Session Ready
Exercise

Imputing missing data in a ML Pipeline I

As you've come to appreciate, there are many steps to building a model, from creating training and test sets, to fitting a classifier or regressor, to tuning its parameters, to evaluating its performance on new data. Imputation can be seen as the first step of this machine learning process, the entirety of which can be viewed within the context of a pipeline. Scikit-learn provides a pipeline constructor that allows you to piece together these steps into one process and thereby simplify your workflow.

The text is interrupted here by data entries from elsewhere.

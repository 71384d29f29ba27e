-- ===== src/Tests/Queue.antt =====
-- The theorems of Store/Queue at concrete inputs.
use relayra.Prelude.{◌≡◌, refl, List, [], ◌∷◌, false, arith, take}
use relayra.Errors.{ok}
use relayra.Models.{RequestSyncState, completed, queued}
use relayra.Redis.Actions.{State, Outcome, answered, cut, calm, run_all, ◌>>=◌}
use relayra.Store.Queue.{enqueue_request, lease_requests, queue_key, request_key, metadata}
use relayra.Store.Queue.Fifo.{all_available, lease_requests-take}
use relayra.Store.Queue.Loss.{IsGone, one_failure, lease_requests-IsGone}
use relayra.Redis.Objects.{rpush, hset, named, has}
use relayra.Store.Queue.Durable.{IsKept}
use relayra.Store.Queue.Durable.History.{
  Call, lease, apply, acknowledge, store, run_calls, queued-IsKept,
}
use relayra.Tests.Chunks.{a_request, a_result}
use relayra.Tests.Memory.{Memory, empty, memory}
use relayra.Tests.Encodings.{codec}

abbrev done : RequestSyncState
done = record {
  request_id = "r1";
  status = completed;
  lease_until = 0;
  updated_at = 9;
  duplicate_ok = false;
}

abbrev start : State Memory
start = record { db = empty; net = [] }

enqueued : (enqueue_request "p1" a_request start).0 ≡ ok tt
unfolding enqueue_request ◌>>=◌
enqueued = refl

-- some of the exchanges fail
abbrev calls : List (Call × List Outcome)
calls =
    (lease "p1" 5 30 100, [])
    ∷ (acknowledge ("r1" ∷ []) 101, answered ∷ cut 1 ∷ [])
    ∷ (apply (done ∷ []) 102, cut 0 ∷ [])
    ∷ (store a_result 60, cut 0 ∷ cut 2 ∷ [])
    ∷ (lease "p1" 5 30 200, [])
    ∷ []

queued-IsKept_example :
    IsKept "p1" "r1" (run_calls calls (enqueue_request "p1" a_request start).1).1.db
queued-IsKept_example =
    queued-IsKept "p1" a_request calls start (refl, (tt, (tt, (tt, (refl, tt))))) enqueued

-- a queue with a live request
abbrev one_queued : Memory
one_queued =
    run_all memory.write
      (rpush (queue_key "p1") (named "r1")
        ∷ hset (request_key "r1") (metadata "p1" a_request queued [])
        ∷ [])
      empty

lease_requests-IsGone_example :
    IsGone "p1" "r1"
      (lease_requests "p1" 5 30 100 (record { db = one_queued; net = one_failure })).1.db
lease_requests-IsGone_example =
    lease_requests-IsGone "p1" "r1" 5 30 100 [] one_queued (omega arith) refl

one_entry : has (named "r1") [] ≡ false
unfolding has
one_entry = refl

lease_requests-take_example :
    (e : Memory) × (lease_requests "p1" 5 30 100 (calm one_queued)
      ≡ (ok (take 5 (all_available "p1" 100 one_queued (named "r1" ∷ []))), calm e))
lease_requests-take_example = lease_requests-take "p1" 100 5 30 one_queued (one_entry, tt)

You'll now practice setting up a pipeline with two steps: the imputation step, followed by the instantiation of a classifier. You've seen three classifiers in this course so far: k-NN, logistic regression, and the decision tree. You will now be introduced to a fourth one - the Support Vector Machine, or SVM. For now, do not worry about how it works under the hood. It works exactly as you would expect of the scikit-learn estimators that you have worked with previously, in that it has the same .fit() and .predict() methods as before.

Instructions
100 XP
  • Import Imputer from sklearn.preprocessing and SVC from sklearn.svm. SVC stands for Support Vector Classification, which is a type of SVM.
  • Setup the Imputation transformer to impute missing data (represented as 'NaN') with the 'most_frequent' value in the column (axis=0).
  • Instantiate a SVC classifier. Store the result in clf.
  • Create the steps of the pipeline by creating a list of tuples:
    • The first tuple should consist of the imputation step, using imp.
    • The second should consist of the classifier.